* [Problem to solve]: If a line of the records contains the string "where", copy it out.

* [Study material]:
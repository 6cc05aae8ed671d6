-- ===== src/Session/Dispatch/Pick.antt =====
-- Which frame of the queue is taken next.
use mathlib.Core.List.{Perm}
use mathlib.Core.List.Perm
use raknet_rust.Common.{
  ℕ, zero, suc, ◌+◌, ◌≤◌, ◌<◌, ◌≡◌, ◌↔◌, refl, ap, ◌∙◌, subst, ◌⊎◌, inl, inr, Bool, true, false,
  List, [], ◌∷◌, ◌++◌, append_assoc, length, length-append, All, All-append, Option, none, some,
  Bool-cases, arith,
}
use raknet_rust.Session.Outgoing.{QueuedFrame, Sender}
use raknet_rust.Session.Outgoing.Parts.{queued_sizes, queued_sizes-append}
use raknet_rust.Session.Dispatch.{
  take_at, MinHeap, fits, pop, pop_loop, pop_next_frame_for_datagram,
}

-- The same frames, in any order.
pub record Same (xs ys : List QueuedFrame) : Type 1 where
  pub perm : Perm xs ys
  pub count : length xs ≡ length ys
  pub sizes : queued_sizes xs ≡ queued_sizes ys
  pub all : (P : QueuedFrame → Type 0) → All P xs ↔ All P ys

pub Same-refl : (xs : List QueuedFrame) → Same xs xs
Same-refl xs = record {
  perm = Perm.refl xs;
  count = refl;
  sizes = refl;
  all = λ P. (λ h. h, λ h. h);
}

pub Same-trans : (xs ys zs : List QueuedFrame) → Same xs ys → Same ys zs → Same xs zs
Same-trans xs ys zs a b = record {
  perm = Perm.trans a.perm b.perm;
  count = a.count ∙ b.count;
  sizes = a.sizes ∙ b.sizes;
  all = λ P. (λ h. (b.all P).0 ((a.all P).0 h), λ h. (a.all P).1 ((b.all P).1 h));
}

pub Same-cons : (x : QueuedFrame) (xs ys : List QueuedFrame) → Same xs ys → Same (x ∷ xs) (x ∷ ys)
Same-cons x xs ys a = record {
  perm = Perm.cons x a.perm;
  count = ap suc a.count;
  sizes = ap (λ n. x.encoded_size + n) a.sizes;
  all = λ P. (λ h. (h.0, (a.all P).0 h.1), λ h. (h.0, (a.all P).1 h.1));
}

Same-swap : (x y : QueuedFrame) (xs : List QueuedFrame) → Same (x ∷ y ∷ xs) (y ∷ x ∷ xs)
Same-swap x y xs = record {
  perm = Perm.swap y x xs;
  count = refl;
  sizes = omega arith;
  all = λ P. (λ h. (h.1.0, (h.0, h.1.1)), λ h. (h.1.0, (h.0, h.1.1)));
}

pub All-split :
    (P : QueuedFrame → Type 0) (xs ys : List QueuedFrame) → All P (xs ++ ys) → All P xs × All P ys
All-split P [] ys h = (tt, h)
All-split P (x ∷ xs) ys h = let (l, r) = All-split P xs ys h.1 in ((h.0, l), r)

pub Same-append_right : (xs ys zs : List QueuedFrame) → Same xs ys → Same (xs ++ zs) (ys ++ zs)
Same-append_right xs ys zs a = record {
  perm = Perm.append_right zs a.perm;
  count = omega (arith, a.count, length-append xs zs, length-append ys zs);
  sizes = omega (arith, a.sizes, queued_sizes-append xs zs, queued_sizes-append ys zs);
  all = λ P. (
    λ h. let (l, r) = All-split P xs zs h in All-append P ys zs ((a.all P).0 l) r,
    λ h. let (l, r) = All-split P ys zs h in All-append P xs zs ((a.all P).1 l) r,
  );
}

-- A frame in the middle may stand in front.
pub Same-middle :
    (x : QueuedFrame) (xs ys : List QueuedFrame) → Same (x ∷ xs ++ ys) (xs ++ (x ∷ ys))
Same-middle x [] ys = Same-refl (x ∷ ys)
Same-middle x (y ∷ xs) ys =
    Same-trans _ _ _ (Same-swap x y (xs ++ ys)) (Same-cons y _ _ (Same-middle x xs ys))

-- A frame at the end may stand in front.
Same-back : (x : QueuedFrame) (xs : List QueuedFrame) → Same (xs ++ (x ∷ [])) (x ∷ xs)
Same-back x [] = Same-refl (x ∷ [])
Same-back x (y ∷ xs) = Same-trans _ _ _ (Same-cons y _ _ (Same-back x xs)) (Same-swap y x xs)

pub take_at_lem :
    (h : List QueuedFrame) (i : ℕ)
    → i < length h
    → (q : QueuedFrame) × (rest : List QueuedFrame) × (take_at h i ≡ some (q, rest))
      × Same (q ∷ rest) h
unfolding take_at
take_at_lem [] i l = absurd (omega arith)
take_at_lem (x ∷ xs) zero l = (x, xs, refl, Same-refl (x ∷ xs))
take_at_lem (x ∷ xs) (suc i) l =
    let (q, rest, e, same) = take_at_lem xs i (omega arith) in
    (
      q,
      x ∷ rest,
      rw (take_at, e) refl,
      Same-trans _ _ _ (Same-swap q x rest) (Same-cons x _ _ same),
    )

-- What the loop returns for a heap and the frames that were deferred: a frame that passes the test, and
-- has the least weight of those that do, with all the others; or all the frames, of which none passes.
abbrev pub IsPicked :
    (QueuedFrame → Bool)
    → List QueuedFrame
    → List QueuedFrame
    → Option QueuedFrame
    → List QueuedFrame
    → Type 1
IsPicked test heap deferred none rest =
    All (λ p. test p ≡ false) heap × Same rest (heap ++ deferred)
IsPicked test heap deferred (some q) rest =
    (test q ≡ true)
    × All (λ p. test p ≡ true → q.weight ≤ p.weight) heap
    × Same (q ∷ rest) (heap ++ deferred)

All-mono :
    (P Q : QueuedFrame → Type 0) (xs : List QueuedFrame)
    → ((x : QueuedFrame) → P x → Q x)
    → All P xs
    → All Q xs
All-mono P Q [] k h = tt
All-mono P Q (x ∷ xs) k h = (k x h.0, All-mono P Q xs k h.1)

moved :
    (heap deferred : List QueuedFrame) (q : QueuedFrame) (rest : List QueuedFrame)
    → Same (q ∷ rest) heap
    → Same (rest ++ (deferred ++ (q ∷ []))) (heap ++ deferred)
moved heap deferred q rest same =
    Same-trans _ _ _
      (subst (λ l. Same l (q ∷ rest ++ deferred)) (append_assoc rest deferred (q ∷ []))
        (Same-back q (rest ++ deferred)))
      (Same-append_right (q ∷ rest) heap deferred same)

module _ ⦃h : MinHeap⦄ where
  pop_cases :
      (heap : List QueuedFrame)
      → (heap ≡ [])
        ⊎ ((q : QueuedFrame) × (rest : List QueuedFrame) × (pop heap ≡ some (q, rest))
            × Same (q ∷ rest) heap
            × All (λ p. q.weight ≤ p.weight) rest)
  pop_cases [] = inl refl
  pop_cases (x ∷ xs) =
      let (q, rest, e, same) =
        take_at_lem (x ∷ xs) (h.top (x ∷ xs)) (h.top-lt (x ∷ xs) (omega arith)) in
      inr (q, rest, e, same, h.top-least (x ∷ xs) q rest e)

  nothing : (heap : List QueuedFrame) → heap ≡ [] → pop heap ≡ none
  unfolding take_at
  nothing [] e = refl
  nothing (x ∷ xs) e = cc

  -- A frame that is deferred does not pass.
  later :
      (test : QueuedFrame → Bool) (heap deferred : List QueuedFrame) (q : QueuedFrame)
      (rest : List QueuedFrame) (picked : Option QueuedFrame) (left : List QueuedFrame)
      → test q ≡ false
      → Same (q ∷ rest) heap
      → IsPicked test rest (deferred ++ (q ∷ [])) picked left
      → IsPicked test heap deferred picked left
  later test heap deferred q rest none left f same w = (
    (same.all (λ p. test p ≡ false)).0 (f, w.0),
    Same-trans _ _ _ w.1 (moved heap deferred q rest same),
  )
  later test heap deferred q rest (some p) left f same w = (
    w.0,
    (same.all (λ x. test x ≡ true → p.weight ≤ x.weight)).0 (λ t. absurd (cc), w.1),
    Same-trans _ _ _ w.2 (moved heap deferred q rest same),
  )

  pop_loop-IsPicked :
      (fuel : ℕ) (test : QueuedFrame → Bool) (heap deferred : List QueuedFrame)
      → length heap < fuel
      → (r : Option QueuedFrame × List QueuedFrame) × (pop_loop fuel test heap deferred ≡ some r)
        × IsPicked test heap deferred r.0 r.1
  unfolding pop_loop
  pop_loop-IsPicked zero test heap deferred l = absurd (omega arith)
  pop_loop-IsPicked (suc fuel) test heap deferred l = elim (pop_cases heap) [
    | inl e ↦ (
      (none, heap ++ deferred),
      rw (pop_loop, nothing heap e) refl,
      (rw e tt, Same-refl (heap ++ deferred)),
    )
    | inr (q, rest, e, same, lightest) ↦ elim (Bool-cases (test q)) [
      | inl t ↦ (
        (some q, rest ++ deferred),
        rw (pop_loop, e, t) refl,
        (
          t,
          (same.all (λ p. test p ≡ true → q.weight ≤ p.weight)).0
              (λ x. omega arith, All-mono _ _ rest (λ p le x. le) lightest),
          Same-append_right (q ∷ rest) heap deferred same,
        ),
      )
      | inr f ↦
          let shorter = same.count in
          let (r, e', w) = pop_loop-IsPicked fuel test rest (deferred ++ (q ∷ [])) (omega arith) in
          (r, rw (pop_loop, e, f) e', later test heap deferred q rest r.0 r.1 f same w)
    ]
  ]

  -- The loop ends, with a frame that fits what is left of the datagram and of the budget, and is allowed,
  -- and of those has the least weight; or with none, and then none of the frames does. All other frames
  -- stay in the queue.
  pub pop_next_frame_for_datagram-IsPicked :
      (s : Sender) (allow_reliable : Bool) (datagram_size remaining : ℕ)
      → (r : Option QueuedFrame × List QueuedFrame) × (pop_next_frame_for_datagram s allow_reliable
            datagram_size remaining
          ≡ some r)
        × IsPicked (fits s.mtu allow_reliable datagram_size remaining) s.outgoing_heap [] r.0 r.1
  unfolding pop_next_frame_for_datagram
  pop_next_frame_for_datagram-IsPicked s allow_reliable datagram_size remaining =
      pop_loop-IsPicked (length s.outgoing_heap + 1) _ s.outgoing_heap [] (omega arith)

* [Exercise result]:
pub record Same (xs ys : List QueuedFrame) : Type 1 where
module _ ⦃h : MinHeap⦄ where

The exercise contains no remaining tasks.